-------- Entries shown

-- ===== src/Services/Guard.antt =====
-- The version of a payment, the optimistic lock of `TransitionPayment` in
-- database/repo/payments.sql.go.
use expense_splitter.Prelude.{ℕ, ◌+◌, ◌≡◌, refl, ◌&&◌, none, List, [], ◌∷◌, ◌==◌, arith}
use expense_splitter.Types.Payment.{PaymentStatus}
use expense_splitter.Store.{PaymentRow, Db}
use expense_splitter.Store.Action.{row, no_rows}
use expense_splitter.Store.Rows.{find, update_rows}
use expense_splitter.Store.Settlement.{transition_payment_row}

find-update_rows :
    (id version : ℕ) (t : PaymentStatus) (now : ℕ) (payments : List PaymentRow)
    → find
        (λ p. (p.id == id) && (p.version == version))
        (update_rows
          (λ p. (p.id == id) && (p.version == version))
          (λ p. record p { status = t; version = p.version + 1; updated_at = now })
          payments)
      ≡ none
unfolding find update_rows
find-update_rows id version t now [] = refl
find-update_rows id version t now (p ∷ payments) =
    ground (arith, find-update_rows id version t now payments)

-- Of two updates of a payment that both read the same version, at most one is made: once the first
-- has answered a row, the second finds none, whatever statuses the two want.
pub transition_payment_row-once :
    (t u : PaymentStatus) (id version uuid now uuid' now' : ℕ) (db : Db) (p : PaymentRow)
    → (transition_payment_row t id version uuid now db).0 ≡ row p
    → transition_payment_row u id version uuid' now'
        (transition_payment_row t id version uuid now db).1
      ≡ (no_rows, (transition_payment_row t id version uuid now db).1)
unfolding transition_payment_row
transition_payment_row-once t u id version uuid now uuid' now' db p h =
    ground (arith, find-update_rows id version t now db.payments)
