-- ===== src/Services/Recording.antt =====
-- What `RecordExpense` of services/expenses.go demands, and what it writes.
use expense_splitter.Prelude.{
  ℕ, ◌≡◌, ◌∙◌, sym, refl, true, false, ◌&&◌, Option, none, some, List, [], ◌∷◌, ◌++◌, All, ◌==◌,
  leb,
}
use Prim.Native.String.{String}
use expense_splitter.Prelude.Int32.{int32}
use expense_splitter.Types.ApiError.{ApiError, ok}
use expense_splitter.Types.Membership.{is_approved}
use expense_splitter.Types.Group.{is_open}
use expense_splitter.Types.Expense.{ShareInput, RecordExpenseRequest, split_type}
use expense_splitter.Store.{UserRow, GroupRow, MembershipRow, ExpenseRow, AuditValue, Db}
use expense_splitter.Store.Action.{Env, World, run, exec, raise_unless, for_each}
use expense_splitter.Store.Rows.{find, one, map_reply}
use expense_splitter.Store.Users.{same_key, get_user_by_keycloak_id}
use expense_splitter.Store.Groups.{date_of, LockGroupForExpenseRow, lock_group_for_expense}
use expense_splitter.Store.Memberships.{is_member, get_membership}
use expense_splitter.Store.Expenses.{create_expense, create_expense_share}
use expense_splitter.Store.Audit.{create_audit_entry, write_audit}
use expense_splitter.Store.Hoare.{
  Pred, Holds-ok, Replies, Replies-if, Triple, Triple-pure, Triple-bind, Triple-map, Triple-run,
  Triple-in_tx, Triple-given, Triple-raise_unless, Triple-for_each,
}
use expense_splitter.Services.Authz.{principal_by_keycloak_id}
use expense_splitter.Services.Expenses.{require_open_trip, require_participant, record_expense}
use expense_splitter.Services.GroupState.Settle.{Replies-one}

abbrev anything : Pred
anything db = Unit

-- The account of a subject.
abbrev pub IsAccount : Db → ℕ → ℕ → Type 0
IsAccount db subject user_id =
    (u : UserRow) × (find (λ v. same_key subject v.keycloak_id) db.users ≡ some u)
    × (u.id ≡ user_id)

-- An approved member of a group, with the id of the membership.
abbrev pub IsApprovedMember : Db → ℕ → ℕ → ℕ → Type 0
IsApprovedMember db group_id user_id membership_id =
    (m : MembershipRow) × (find (is_member group_id user_id) db.memberships ≡ some m)
    × (is_approved m.status ≡ true)
    × (m.id ≡ membership_id)

-- The group is open, and the day is one of the trip.
abbrev pub IsOpenOn : Db → ℕ → ℕ → Type 0
IsOpenOn db group_id day =
    (g : GroupRow) × (find (λ h. h.id == group_id) db.groups ≡ some g)
    × (is_open g.status ≡ true)
    × ((leb (date_of g.start_date) day && leb day (date_of g.end_date)) ≡ true)

module _ (db0 : Db) where
  -- Nothing has been written.
  abbrev Still : Pred
  Still db = db ≡ db0

  still : (db : Db) → Still db → anything db
  still db h = tt

  caller-IsAccount :
      (subject : ℕ) (e : ApiError)
      → Triple Still
          (principal_by_keycloak_id subject e)
          (λ p db. Still db × IsAccount db0 subject p.user_id)
          anything
  unfolding principal_by_keycloak_id get_user_by_keycloak_id
  caller-IsAccount subject e =
      Triple-bind
        (Triple-run
          {Q = λ u db. Still db × (find (λ v. same_key subject v.keycloak_id) db0.users ≡ some u)}
          (get_user_by_keycloak_id subject) e still
          λ id now db h.
            Replies-one
              (λ u db. Still db × (find (λ v. same_key subject v.keycloak_id) db0.users ≡ some u)) _
              db λ u found. (h, rw (sym h) found))
        (λ u. Triple-pure _ λ db h. (h.0, (u, h.1, refl)))

  membership-found :
      (group_id user_id : ℕ) (e : ApiError)
      → Triple Still
          (run (get_membership group_id user_id) e)
          (λ m db. Still db × (find (is_member group_id user_id) db0.memberships ≡ some m))
          anything
  unfolding get_membership
  membership-found group_id user_id e =
      Triple-run (get_membership group_id user_id) e still λ id now db h.
        Replies-one
          (λ m db. Still db × (find (is_member group_id user_id) db0.memberships ≡ some m)) _ db
          λ m found. (h, rw (sym h) found)

  approved-IsApprovedMember :
      (group_id user_id : ℕ) (m : MembershipRow) (e : ApiError)
      → find (is_member group_id user_id) db0.memberships ≡ some m
      → Triple Still
          (raise_unless (is_approved m.status) e)
          (λ u db. Still db × IsApprovedMember db0 group_id user_id m.id)
          anything
  approved-IsApprovedMember group_id user_id m e found =
      Triple-map (λ db h. h) (λ u db h. (h.0, (m, found, h.1, refl)))
        (Triple-raise_unless still (is_approved m.status) e)

  require_participant-IsApprovedMember :
      (group_id : ℕ) (s : ShareInput)
      → Triple Still
          (require_participant group_id s)
          (λ u db. Still db × ((id : ℕ) × IsApprovedMember db0 group_id s.user_id id))
          anything
  unfolding require_participant
  require_participant-IsApprovedMember group_id s =
      Triple-bind (membership-found group_id s.user_id _) λ m. Triple-given λ found.
        Triple-map (λ db h. h) (λ u db h. (h.0, (m.id, h.1)))
          (approved-IsApprovedMember group_id s.user_id m _ found)

  abbrev pub AllApproved : ℕ → List ShareInput → Type 0
  AllApproved group_id shares =
      All (λ s. (id : ℕ) × IsApprovedMember db0 group_id s.user_id id) shares

  participants-AllApproved :
      (group_id : ℕ) (shares : List ShareInput)
      → Triple Still
          (for_each shares (require_participant group_id))
          (λ u db. Still db × AllApproved group_id shares)
          anything
  participants-AllApproved group_id shares =
      Triple-map (λ db h. (h, λ all. all)) (λ u db h. (h.0, h.1 tt))
        (Triple-for_each
          (λ rest db. Still db × (AllApproved group_id rest → AllApproved group_id shares))
          (λ s rest. Triple-given λ k.
            Triple-map (λ db h. h) (λ u db h. (h.0, λ all. k (h.1, all)))
              (require_participant-IsApprovedMember group_id s))
          shares)

  -- What the lock has read of the group.
  abbrev IsTrip : ℕ → ℕ → LockGroupForExpenseRow → Type 0
  IsTrip group_id day r =
      (g : GroupRow) × (find (λ h. h.id == group_id) db0.groups ≡ some g)
      × (r.status ≡ g.status)
      × (r.in_range ≡ (leb (date_of g.start_date) day && leb day (date_of g.end_date)))

  abbrev trip_row : ℕ → GroupRow → LockGroupForExpenseRow
  trip_row day g = record {
    status = g.status;
    in_range = leb (date_of g.start_date) day && leb day (date_of g.end_date);
  }

  Replies-IsTrip :
      (group_id day : ℕ) (o : Option GroupRow) (db : Db)
      → Still db
      → find (λ h. h.id == group_id) db0.groups ≡ o
      → Replies (λ r db'. Still db' × IsTrip group_id day r) (map_reply (trip_row day) (one o), db)
  Replies-IsTrip group_id day none db h found = tt
  Replies-IsTrip group_id day (some g) db h found = (h, (g, found, refl, refl))

  require_open_trip-IsOpenOn :
      (group_id day : ℕ)
      → Triple Still
          (require_open_trip group_id day)
          (λ u db. Still db × IsOpenOn db0 group_id day)
          anything
  unfolding require_open_trip lock_group_for_expense
  require_open_trip-IsOpenOn group_id day =
      Triple-bind
        (Triple-run {Q = λ r db. Still db × IsTrip group_id day r}
          (lock_group_for_expense day group_id) _ still
          λ id now db h. Replies-IsTrip group_id day _ db h (rw h refl))
        λ r. Triple-given λ t. Triple-bind (Triple-raise_unless still (is_open r.status) _) λ u.
          Triple-given λ is_open_now.
            Triple-map (λ db h. h)
              (λ u db h. (h.0, (t.0, t.1, rw (sym t.2) is_open_now, sym t.3 ∙ h.1)))
              (Triple-raise_unless still r.in_range _)

  -- The row that a recorded expense adds.
  abbrev pub expense_of : ℕ → ℕ → ℕ → RecordExpenseRequest → ℕ → ExpenseRow
  expense_of id group_id paid_by req now = record {
    id = id;
    group_id = group_id;
    paid_by = paid_by;
    amount_baisa = req.amount_baisa;
    category = req.category;
    description = req.description;
    occurred_on = req.occurred_on;
    split_type = split_type req;
    deleted = false;
    created_at = now;
  }

  abbrev Added : ExpenseRow → Pred
  Added e db = db.expenses ≡ db0.expenses ++ (e ∷ [])

  abbrev AddedBy : ℕ → ℕ → RecordExpenseRequest → ℕ → Pred
  AddedBy group_id paid_by req id db = (now : ℕ) × Added (expense_of id group_id paid_by req now) db

  create_expense-Added :
      (group_id paid_by : ℕ) (req : RecordExpenseRequest)
      → Triple Still
          (exec (
            create_expense group_id paid_by req.amount_baisa req.category req.description
              req.occurred_on
              (split_type req)))
          (AddedBy group_id paid_by req)
          anything
  unfolding create_expense
  create_expense-Added group_id paid_by req =
      Triple-run {Q = AddedBy group_id paid_by req} _ _ still
        λ id now db h. Replies-if (AddedBy group_id paid_by req) _ id db _ λ valid. (now, rw h refl)

  create_expense_share-Added :
      (P : List ExpenseRow → Type 0) (e : ℕ) (s : ShareInput)
      → Triple
          (λ db. P db.expenses)
          (exec (create_expense_share e s.user_id (int32 s.weight)))
          (λ u db. P db.expenses)
          anything
  unfolding create_expense_share
  create_expense_share-Added P e s =
      Triple-run _ _ (λ db h. tt)
        λ id now db h. Replies-if (λ u db. P db.expenses) _ tt db _ λ valid. h

  write_audit-Added :
      (P : List ExpenseRow → Type 0) (g a : ℕ) (n : String) (b c : AuditValue)
      → Triple (λ db. P db.expenses) (write_audit g a n b c) (λ u db. P db.expenses) anything
  unfolding write_audit create_audit_entry
  write_audit-Added P g a n b c =
      Triple-run _ _ (λ db h. tt)
        λ id now db h. Replies-if (λ u db. P db.expenses) _ tt db _ λ valid. h

  -- What a recorded expense rests on, and what it adds.
  abbrev pub IsRecorded : ℕ → ℕ → RecordExpenseRequest → ℕ → Pred
  IsRecorded subject group_id req id db =
      (user_id membership_id : ℕ) × IsAccount db0 subject user_id
      × IsApprovedMember db0 group_id user_id membership_id
      × IsOpenOn db0 group_id req.occurred_on
      × AllApproved group_id req.shares
      × AddedBy group_id membership_id req id db

  record_expense-IsRecorded :
      (subject group_id : ℕ) (req : RecordExpenseRequest)
      → Triple Still
          (record_expense subject group_id req)
          (IsRecorded subject group_id req)
          anything
  unfolding record_expense
  record_expense-IsRecorded subject group_id req =
      Triple-bind (caller-IsAccount subject _) λ caller. Triple-given λ account.
        Triple-in_tx {F = anything} still (
          Triple-bind (require_open_trip-IsOpenOn group_id req.occurred_on) λ u.
            Triple-given λ on_day. Triple-bind (membership-found group_id caller.user_id _) λ m.
              Triple-given λ found.
                Triple-bind (approved-IsApprovedMember group_id caller.user_id m _ found) λ u.
                  Triple-given λ is_member_now.
                    Triple-bind (participants-AllApproved group_id req.shares) λ u.
                      Triple-given λ all. Triple-bind (create_expense-Added group_id m.id req) λ id.
                        let P : List ExpenseRow → Type 0 = λ expenses.
                          (now : ℕ) × (expenses
                            ≡ db0.expenses ++ (expense_of id group_id m.id req now ∷ [])) in
                        Triple-bind
                          (Triple-for_each (λ rest db. P db.expenses)
                            (λ s rest. create_expense_share-Added P id s) req.shares)
                          λ u. Triple-bind (write_audit-Added P _ _ _ _ _) λ u.
                            Triple-pure id λ db h.
                              (caller.user_id, m.id, account, is_member_now, on_day, all, h))

-- When RecordExpense returns the id of a new expense, the account is registered and an approved
-- member of the group, the group was open and the day one of the trip, every named participant was
-- an approved member, and the table has got exactly one new row, that of the request, paid by the
-- caller's own membership.
pub record_expense-Records :
    (subject group_id : ℕ) (req : RecordExpenseRequest) (env : Env) (w : World) (id : ℕ)
    → (record_expense subject group_id req env w).0 ≡ ok id
    → IsRecorded w.db subject group_id req id (record_expense subject group_id req env w).1.db
record_expense-Records subject group_id req env w id h =
    Holds-ok (IsRecorded w.db subject group_id req) anything
      (record_expense subject group_id req env w).0 (record_expense subject group_id req env w).1 id
      ((record_expense-IsRecorded w.db subject group_id req).holds env w refl) h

----------------

Out of the data above, give again only the lines starting at the one holding "(λ s rest. create_expense_share-Added" and ending at the one holding "(caller.user_id, m.id, account, is_member_now, on_day, all, h))", unchanged.

- _Response to the exercise_
                            (λ s rest. create_expense_share-Added P id s) req.shares)
                          λ u. Triple-bind (write_audit-Added P _ _ _ _ _) λ u.
                            Triple-pure id λ db h.
                              (caller.user_id, m.id, account, is_member_now, on_day, all, h))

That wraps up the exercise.